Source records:
- - - -

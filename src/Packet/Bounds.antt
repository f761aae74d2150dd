-- ===== src/Packet/Bounds.antt =====
-- The walk over the TLVs stays inside the packet and comes to an end.
use eigrpd.Base.{
  ℕ, zero, suc, ◌+◌, ◌-◌, ◌*◌, ◌≤◌, ◌<◌, ◌≡◌, refl, inl, inr, Bool, false, ◌||◌, Option, none, some,
  ltb, ◌==◌, u16, arith, Bool-cases, ltb→lt,
}
use eigrpd.Packet.Framing.{
  Framing, malformed, framed, find_from, auth_tlv_find, read_u16, header_len, tlv_hdr_size,
  tlv_auth,
}

-- A buffer whose first bytes, up to a length, can be read.
abbrev pub Readable : (ℕ → Option ℕ) → ℕ → Type 0
Readable byte length = (i : ℕ) → i < length → (b : ℕ) × (byte i ≡ some b) × (b < 256)

-- The authentication TLV that is found has its header inside the packet, behind the packet's.
abbrev pub Inside : ℕ → Option ℕ → Type 0
Inside length none = Unit
Inside length (some offset) = (header_len ≤ offset) × (offset + tlv_hdr_size ≤ length)

abbrev pub IsInside : ℕ → Framing → Type 0
IsInside length malformed = Unit
IsInside length (framed auth first) = Inside length auth

read_u16-Readable :
    (byte : ℕ → Option ℕ) (length i : ℕ)
    → Readable byte length
    → i + 1 < length
    → (x : ℕ) × (read_u16 byte i ≡ some x) × (x < 65536)
read_u16-Readable byte length i h p = read (h i (omega arith)) (h (i + 1) p)
  where
    read :
        (a : ℕ) × (byte i ≡ some a) × (a < 256)
        → (b : ℕ) × (byte (i + 1) ≡ some b) × (b < 256)
        → (x : ℕ) × (read_u16 byte i ≡ some x) × (x < 65536)
    read (a, ea, la) (b, eb, lb) = (a * 256 + b, (rw (ea, eb) refl), omega arith)

-- The next offset: behind the TLV, and not behind the packet.
next_offset :
    (length offset size : ℕ)
    → length < 65536
    → offset < length
    → (ltb size tlv_hdr_size || ltb (length - offset) size) ≡ false
    → (offset + tlv_hdr_size ≤ u16 (offset + size)) × (u16 (offset + size) ≤ length)
next_offset length offset size w more good = (ground (arith, good), ground (arith, good))

find_from-IsInside :
    (fuel : ℕ) (byte : ℕ → Option ℕ) (length offset : ℕ) (auth : Option ℕ) (first : Bool)
    → Readable byte length
    → length < 65536
    → header_len ≤ offset
    → offset ≤ length
    → length < offset + fuel
    → Inside length auth
    → (r : Framing) × (find_from fuel byte length offset auth first ≡ some r) × IsInside length r
unfolding find_from
find_from-IsInside zero byte length offset auth first h w b e f i = absurd (omega arith)
find_from-IsInside (suc fuel) byte length offset auth first h w b e f i =
    elim (Bool-cases (ltb offset length)) [
      | inr end ↦ (framed auth first, (rw end refl), i)
      | inl more ↦ elim (Bool-cases (ltb (length - offset) tlv_hdr_size)) [
        | inl short ↦ (malformed, (rw (more, short) refl), tt)
        | inr long ↦
            (let lt : offset < length = ltb→lt offset length more in
              let (t, et, lt_t) = read_u16-Readable byte length offset h (ground (arith, long)) in
              let (s, es, lt_s) =
                read_u16-Readable byte length (offset + 2) h (ground (arith, long)) in
              elim (Bool-cases (ltb s tlv_hdr_size || ltb (length - offset) s)) [
                | inl bad ↦ (malformed, (rw (more, long, et, es, bad) refl), tt)
                | inr good ↦
                    (let (past, within) = next_offset length offset s w lt good in
                      elim (Bool-cases (t == tlv_auth)) [
                        | inl a ↦
                            (let (r, er, ir) =
                                find_from-IsInside fuel byte length (u16 (offset + s)) (some offset)
                                  (offset == header_len) h w (omega (arith, past)) within
                                  (omega (arith, past)) (b, omega (arith, past, within)) in
                              (r, (rw (more, long, et, es, good, a) er), ir))
                        | inr n ↦
                            (let (r, er, ir) =
                                find_from-IsInside fuel byte length (u16 (offset + s)) auth first h
                                  w (omega (arith, past)) within (omega (arith, past)) i in
                              (r, (rw (more, long, et, es, good, n) er), ir))
                      ])
              ])
      ]
    ]

-- On a received packet of fewer than 2 ^ 16 bytes, all of which can be read, the walk comes to an
-- end, whatever the bytes are, and reads none outside the packet; and the authentication TLV that
-- it finds has its header inside the packet, behind the packet's own.
pub auth_tlv_find-IsInside :
    (byte : ℕ → Option ℕ) (length : ℕ)
    → Readable byte length
    → length < 65536
    → (r : Framing) × (auth_tlv_find byte length ≡ some r) × IsInside length r
unfolding auth_tlv_find
auth_tlv_find-IsInside byte length h w = elim (Bool-cases (ltb length header_len)) [
  | inl short ↦ (malformed, (rw short refl), tt)
  | inr long ↦
      (let (r, er, ir) =
          find_from-IsInside (suc length) byte length header_len none false h w (omega arith)
            (ground (arith, long)) (omega arith) tt in
        (r, (rw long er), ir))
]
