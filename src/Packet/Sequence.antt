-- ===== src/Packet/Sequence.antt =====
-- Sequence numbers are nonzero and come round as late as 32 bits allow.
use eigrpd.Base.{ℕ, zero, suc, ◌+◌, ◌-◌, ◌%◌, ◌≤◌, ◌<◌, ◌≡◌, ◌≢◌, arith}
use eigrpd.Packet.{sequence_reserve, reserved}

step : (x : ℕ) → (sequence_reserve (x % 4294967295 + 1)).1 ≡ (x + 1) % 4294967295 + 1
unfolding sequence_reserve
step x = ground arith

reserved-eq : (k n : ℕ) → 1 ≤ n → n < 4294967296 → reserved k n ≡ (n - 1 + k) % 4294967295 + 1
unfolding reserved
reserved-eq zero n p q = ground arith
reserved-eq (suc k) n p q = rw (reserved-eq k n p q, step (n - 1 + k)) (omega arith)

-- The numbers that are reserved, one after the other, from a nonzero 32-bit one are nonzero and fit
-- in 32 bits, and two reservations less than 2 ^ 32 - 1 apart get different ones.
pub sequence_reserve-distinct :
    (i j n : ℕ)
    → 1 ≤ n
    → n < 4294967296
    → i < j
    → j - i < 4294967295
    → (1 ≤ (sequence_reserve (reserved i n)).0)
      × ((sequence_reserve (reserved i n)).0 < 4294967296)
      × ((sequence_reserve (reserved i n)).0 ≢ (sequence_reserve (reserved j n)).0)
unfolding sequence_reserve
sequence_reserve-distinct i j n p q less near =
    rw (reserved-eq i n p q, reserved-eq j n p q)
      (ground arith, ground arith, λ e. ground (arith, e))
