-- ===== src/Peers/Counts.antt =====
-- The counters of an interface are the numbers of its neighbors that are up, by version.
use eigrpd.Base.{
  ℕ, ◌+◌, ◌-◌, ◌<◌, ◌≡◌, refl, ◌∙◌, inl, inr, true, false, ◌==◌, Bool-cases, if◌then◌else◌, u16,
  arith,
}
use eigrpd.Peers.{
  Peers, selected, classic_version, wide_version, encoder_select, encoder_bind, encoder_unbind,
}

-- The counters, and the encoder that fits them.
pub record Counts (i : Peers) (a b : ℕ) : Type 0 where
  pub one : i.tlv1_peer_count ≡ a
  pub two : i.tlv2_peer_count ≡ b
  pub chosen : i.encoder ≡ selected a b

abbrev pub one_if : ℕ → ℕ → ℕ
one_if v w = if v == w then 1 else 0

-- A version is at most one of the two.
not_wide : (v : ℕ) → (v == classic_version) ≡ true → (v == wide_version) ≡ false
not_wide v h = ground (arith, h)

-- The choice that follows a change of the counters.
chosen-Counts :
    (i : Peers) (a b : ℕ)
    → i.tlv1_peer_count ≡ a
    → i.tlv2_peer_count ≡ b
    → Counts (encoder_select i) a b
unfolding encoder_select
chosen-Counts i a b p q = record { one = p; two = q; chosen = λ k. selected (p k) (q k) }

kept-Counts : (i : Peers) (a b : ℕ) → Counts i a b → Counts i (a + 0) (b + 0)
kept-Counts i a b h = record {
  one = omega (arith, h.one);
  two = omega (arith, h.two);
  chosen = h.chosen ∙ λ k. selected (add_nothing a k) (add_nothing b k);
}
  where
    add_nothing : (n : ℕ) → n ≡ n + 0
    add_nothing n = omega arith

pub bind-Counts :
    (v : ℕ) (i : Peers) (a b : ℕ)
    → a + 1 < 65536
    → b + 1 < 65536
    → Counts i a b
    → Counts (encoder_bind v i) (a + one_if v classic_version) (b + one_if v wide_version)
unfolding encoder_bind
bind-Counts v i a b ha hb h = elim (Bool-cases (v == classic_version)) [
  | inl x ↦
      rw (x, not_wide v x)
        (chosen-Counts (record i { tlv1_peer_count = u16 (i.tlv1_peer_count + 1) }) (a + 1) (b + 0)
          (omega (arith, h.one)) (omega (arith, h.two)))
  | inr x ↦ elim (Bool-cases (v == wide_version)) [
    | inl y ↦
        rw (x, y)
          (chosen-Counts (record i { tlv2_peer_count = u16 (i.tlv2_peer_count + 1) }) (a + 0)
            (b + 1) (omega (arith, h.one)) (omega (arith, h.two)))
    | inr y ↦ rw (x, y) (kept-Counts i a b h)
  ]
]

-- What is taken off was counted.
pub unbind-Counts :
    (v : ℕ) (i : Peers) (a b : ℕ)
    → Counts i (a + one_if v classic_version) (b + one_if v wide_version)
    → Counts (encoder_unbind v i) a b
unfolding encoder_unbind
unbind-Counts v i a b h = elim (Bool-cases (v == classic_version)) [
  | inl x ↦
      (let other : (v == wide_version) ≡ false = not_wide v x in
        rw x (
          chosen-Counts (record i { tlv1_peer_count = i.tlv1_peer_count - 1 }) a b
            (ground (arith, h.one, x)) (ground (arith, h.two, other))))
  | inr x ↦ elim (Bool-cases (v == wide_version)) [
    | inl y ↦
        rw (x, y)
          (chosen-Counts (record i { tlv2_peer_count = i.tlv2_peer_count - 1 }) a b
            (ground (arith, h.one, x)) (ground (arith, h.two, y)))
    | inr y ↦
        (let one : a + one_if v classic_version ≡ a = ground (arith, x) in
          let two : b + one_if v wide_version ≡ b = ground (arith, y) in
          rw (x, y)
            (record {
              one = h.one ∙ one;
              two = h.two ∙ two;
              chosen = h.chosen ∙ λ k. selected (one k) (two k);
            }))
  ]
]

pub peers-bind : (v : ℕ) (i : Peers) → (encoder_bind v i).peers ≡ i.peers
unfolding encoder_bind encoder_select
peers-bind v i = elim (Bool-cases (v == classic_version)) [
  | inl x ↦ rw x refl
  | inr x ↦ elim (Bool-cases (v == wide_version)) [
    | inl y ↦ rw (x, y) refl
    | inr y ↦ rw (x, y) refl
  ]
]

pub peers-unbind : (v : ℕ) (i : Peers) → (encoder_unbind v i).peers ≡ i.peers
unfolding encoder_unbind encoder_select
peers-unbind v i = elim (Bool-cases (v == classic_version)) [
  | inl x ↦ rw x refl
  | inr x ↦ elim (Bool-cases (v == wide_version)) [
    | inl y ↦ rw (x, y) refl
    | inr y ↦ rw (x, y) refl
  ]
]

- - - -

__Exercise prompt__:
Return exactly the lines above from the line that has "Inside length none = Unit" through the line that has "elim (Bool-cases (ltb s", inclusive, and nothing else.

__Exercise output__:
Inside length none = Unit
Inside length (some offset) = (header_len ≤ offset) × (offset + tlv_hdr_size ≤ length)

abbrev pub IsInside : ℕ → Framing → Type 0
IsInside length malformed = Unit
IsInside length (framed auth first) = Inside length auth

read_u16-Readable :
    (byte : ℕ → Option ℕ) (length i : ℕ)
    → Readable byte length
    → i + 1 < length
    → (x : ℕ) × (read_u16 byte i ≡ some x) × (x < 65536)
read_u16-Readable byte length i h p = read (h i (omega arith)) (h (i + 1) p)
  where
    read :
        (a : ℕ) × (byte i ≡ some a) × (a < 256)
        → (b : ℕ) × (byte (i + 1) ≡ some b) × (b < 256)
        → (x : ℕ) × (read_u16 byte i ≡ some x) × (x < 65536)
    read (a, ea, la) (b, eb, lb) = (a * 256 + b, (rw (ea, eb) refl), omega arith)

-- The next offset: behind the TLV, and not behind the packet.
next_offset :
    (length offset size : ℕ)
    → length < 65536
    → offset < length
    → (ltb size tlv_hdr_size || ltb (length - offset) size) ≡ false
    → (offset + tlv_hdr_size ≤ u16 (offset + size)) × (u16 (offset + size) ≤ length)
next_offset length offset size w more good = (ground (arith, good), ground (arith, good))

find_from-IsInside :
    (fuel : ℕ) (byte : ℕ → Option ℕ) (length offset : ℕ) (auth : Option ℕ) (first : Bool)
    → Readable byte length
    → length < 65536
    → header_len ≤ offset
    → offset ≤ length
    → length < offset + fuel
    → Inside length auth
    → (r : Framing) × (find_from fuel byte length offset auth first ≡ some r) × IsInside length r
unfolding find_from
find_from-IsInside zero byte length offset auth first h w b e f i = absurd (omega arith)
find_from-IsInside (suc fuel) byte length offset auth first h w b e f i =
    elim (Bool-cases (ltb offset length)) [
      | inr end ↦ (framed auth first, (rw end refl), i)
      | inl more ↦ elim (Bool-cases (ltb (length - offset) tlv_hdr_size)) [
        | inl short ↦ (malformed, (rw (more, short) refl), tt)
        | inr long ↦
            (let lt : offset < length = ltb→lt offset length more in
              let (t, et, lt_t) = read_u16-Readable byte length offset h (ground (arith, long)) in
              let (s, es, lt_s) =
                read_u16-Readable byte length (offset + 2) h (ground (arith, long)) in
              elim (Bool-cases (ltb s tlv_hdr_size || ltb (length - offset) s)) [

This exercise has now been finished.